Das BWV sucht engagierte MINT-Botschafter aus der Versicherungswirtschaft mit entsprechendem beruflichem Hintergrund, die junge Menschen für Naturwissenschaften und Technik begeistern und ihnen die Berufsperspektiven einer naturwissenschaftlich-technischen Ausbildung in unserer Branche aufzeigen möchten.
Wenn Sie Interesse daran haben, MINT-Botschafter unserer Branche zu werden, melden Sie sich bitte bei Dr. Katharina Höhn.

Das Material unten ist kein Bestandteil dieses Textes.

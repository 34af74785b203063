-- ===== src/Base/Tables.antt =====
-- A table of the database: its rows, with the primary key that `key` reads.
use Prim.Native.String.{String}
use mathlib.Core.Path.{◌≡◌, refl, sym, ◌∙◌}
use mathlib.Core.Bool.{Bool, true, false, not}
use mathlib.Core.Option.{Option, none, some}
use mathlib.Core.List.{List, [], ◌∷◌, map, ◌++◌}
use native.Mathlib.Omega.{arith}
use text.Mathlib.TextEquality.{eq_iff}
use text.Mathlib.TextPositions.{eq_refl}
use mathlib.Core.Logic.{inl, inr}
use blocktic_backend.Base.Tests.{◌==◌, string_eq, if◌then◌else◌, Bool-cases}
use blocktic_backend.Base.Lists.{find_by, keep, update_where, some≢none, All}

All-weaken :
    {A : Type 0} {P Q : A → Type 0} (xs : List A) → ((a : A) → P a → Q a) → All P xs → All Q xs
All-weaken [] f h = tt
All-weaken (x ∷ xs) f h = (f x h.0, All-weaken xs f h.1)

module _ {A : Type 0} (key : A → String) where
  -- `findOne({ where: { id } })`
  abbrev pub find_id : String → List A → Option A
  find_id k rows = find_by (λ a. key a == k) rows

  -- `save(a)`: an update of the row with its key, an insertion where there is none.
  abbrev pub save : A → List A → List A
  save a [] = a ∷ []
  save a (b ∷ rows) = if key b == key a then a ∷ rows else b ∷ save a rows

  -- `remove(a)`
  abbrev pub remove_id : String → List A → List A
  remove_id k rows = keep (λ a. not (key a == k)) rows

  pub find_id-save :
      (k : String) (a : A) (rows : List A)
      → find_id k (save a rows) ≡ (if key a == k then some a else find_id k rows)
  find_id-save k a [] = refl
  find_id-save k a (b ∷ rows) =
      ground
        (arith, find_id-save k a rows, eq_iff (key b) (key a), eq_iff (key a) k, eq_iff (key b) k)

  pub key-find_id : (k : String) (rows : List A) (a : A) → find_id k rows ≡ some a → key a ≡ k
  key-find_id k [] a e = ground arith
  key-find_id k (b ∷ rows) a e = ground (arith, key-find_id k rows a, eq_iff (key b) k)

  pub find_id-remove_id : (k : String) (rows : List A) → find_id k (remove_id k rows) ≡ none
  find_id-remove_id k [] = refl
  find_id-remove_id k (b ∷ rows) = ground (arith, find_id-remove_id k rows)

  -- The primary keys of the table are unique.
  abbrev pub Distinct : List A → Type 0
  Distinct [] = Unit
  Distinct (b ∷ rows) = (find_id (key b) rows ≡ none) × Distinct rows

  pub find_id-find_by :
      (p : A → Bool) (rows : List A) (a : A)
      → Distinct rows
      → find_by p rows ≡ some a
      → find_id (key a) rows ≡ some a
  find_id-find_by p [] a d e = ground arith
  find_id-find_by p (b ∷ rows) a d e = elim (Bool-cases (p b)) [
    | inl hit ↦ ground (arith, eq_refl (key b))
    | inr miss ↦
        let later = find_id-find_by p rows a d.1 (rw (miss, find_by) at e) in
        elim (Bool-cases (key b == key a)) [
          | inl same ↦ absurd (some≢none (sym later ∙ rw (← (eq_iff (key b) (key a)).0 same) d.0))
          | inr other ↦ rw other later
        ]
  ]

  -- Each row is the one that its key finds.
  pub Distinct-All : (rows : List A) → Distinct rows → All (λ a. find_id (key a) rows ≡ some a) rows
  Distinct-All [] d = tt
  Distinct-All (b ∷ rows) d =
      (rw (eq_refl (key b)) refl, All-weaken rows (λ a h. past a h) (Distinct-All rows d.1))
    where
      past : (a : A) → find_id (key a) rows ≡ some a → find_id (key a) (b ∷ rows) ≡ some a
      past a h = elim (Bool-cases (key b == key a)) [
        | inl same ↦ absurd (some≢none (sym h ∙ rw (← (eq_iff (key b) (key a)).0 same) d.0))
        | inr other ↦ rw other h
      ]

  pub save-Distinct : (a : A) (rows : List A) → Distinct rows → Distinct (save a rows)
  save-Distinct a [] d = (refl, tt)
  save-Distinct a (b ∷ rows) d = elim (Bool-cases (key b == key a)) [
    | inl same ↦ rw same (rw (← (eq_iff (key b) (key a)).0 same) d.0, d.1)
    | inr other ↦ rw other (
      ground (arith, find_id-save (key b) a rows, eq_iff (key b) (key a), eq_iff (key a) (key b)),
      save-Distinct a rows d.1,
    )
  ]

  pub find_id-new :
      (k : String) (rows : List A)
      → find_by (λ id. id == k) (map key rows) ≡ none
      → find_id k rows ≡ none
  find_id-new k [] e = refl
  find_id-new k (b ∷ rows) e = ground (arith, find_id-new k rows)

  -- A saved row that passes a test which none of the rows has passed.
  pub find_by-save :
      (p : A → Bool) (a : A) (rows : List A)
      → find_by p rows ≡ none
      → p a ≡ true
      → find_by p (save a rows) ≡ some a
  find_by-save p a [] new holds = rw holds refl
  find_by-save p a (b ∷ rows) new holds = elim (Bool-cases (key b == key a)) [
    | inl same ↦ rw (same, holds) refl
    | inr other ↦
        let (fails, later) = passed_by p b rows new in
        rw (other, fails) (find_by-save p a rows later holds)
  ]
    where
      passed_by :
          (p : A → Bool) (b : A) (rows : List A)
          → find_by p (b ∷ rows) ≡ none
          → (p b ≡ false) × (find_by p rows ≡ none)
      passed_by p b rows h = (ground arith, ground arith)

  pub find_id-append :
      (k : String) (rows more : List A) (a : A)
      → find_id k rows ≡ some a
      → find_id k (rows ++ more) ≡ some a
  find_id-append k [] more a h = ground arith
  find_id-append k (b ∷ rows) more a h = ground (arith, find_id-append k rows more a)

  find_id-append_other :
      (k : String) (rows : List A) (a : A)
      → (key a == k) ≡ false
      → find_id k rows ≡ none
      → find_id k (rows ++ a ∷ []) ≡ none
  find_id-append_other k [] a other h = rw other refl
  find_id-append_other k (b ∷ rows) a other h = ground (arith, find_id-append_other k rows a other)

  -- Appending a row with a new key.
  pub append-Distinct :
      (a : A) (rows : List A)
      → find_id (key a) rows ≡ none
      → Distinct rows
      → Distinct (rows ++ a ∷ [])
  append-Distinct a [] new d = (refl, tt)
  append-Distinct a (b ∷ rows) new d =
      let other : (key a == key b) ≡ false =
        ground (arith, eq_iff (key a) (key b), eq_iff (key b) (key a)) in
      (find_id-append_other (key b) rows a other d.0, append-Distinct a rows (ground arith) d.1)

  -- An update that leaves the keys alone.
  module _ (p : A → Bool) (f : A → A) (same : (a : A) → key (f a) ≡ key a) where
    abbrev pub updated : Option A → Option A
    updated none = none
    updated (some a) = some (if p a then f a else a)

    pub find_id-update_where :
        (k : String) (rows : List A) → find_id k (update_where p f rows) ≡ updated (find_id k rows)
    find_id-update_where k [] = refl
    find_id-update_where k (b ∷ rows) = elim (Bool-cases (p b)) [
      | inl hit ↦ elim (Bool-cases (key b == k)) [
        | inl here ↦ rw (hit, same b, here, hit) refl
        | inr past ↦ rw (hit, same b, past) (find_id-update_where k rows)
      ]
      | inr miss ↦ elim (Bool-cases (key b == k)) [
        | inl here ↦ rw (miss, here, miss) refl
        | inr past ↦ rw (miss, past) (find_id-update_where k rows)
      ]
    ]

    pub update_where-Distinct : (rows : List A) → Distinct rows → Distinct (update_where p f rows)
    update_where-Distinct [] d = tt
    update_where-Distinct (b ∷ rows) d =
        (rw (kept b, find_id-update_where (key b) rows, d.0) refl, update_where-Distinct rows d.1)
      where
        kept : (a : A) → key (if p a then f a else a) ≡ key a
        kept a = elim (Bool-cases (p a)) [ inl hit ↦ rw hit (same a) | inr miss ↦ rw miss refl ]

Am 17. November 2008 findet ab 16.00 Uhr in Berlin die Auftaktveranstaltung für MINT-Botschafter statt. Dr. Höhn wird dort an einer Podiumsdiskussion teilnehmen und bittet Sie hierfür um Positivbeispiele für spannende Tätigkeitsfelder, die MINT-Absolventen in der Versicherungswirtschaft geboten werden. Als Vorlage kann Ihnen der Artikel „Die Macht der Prozente“ aus dem Handelsblatt vom 10. September 2008 dienen, in dem Pierre Joos, Leiter Risikomanagement bei der Allianz, portraitiert wird.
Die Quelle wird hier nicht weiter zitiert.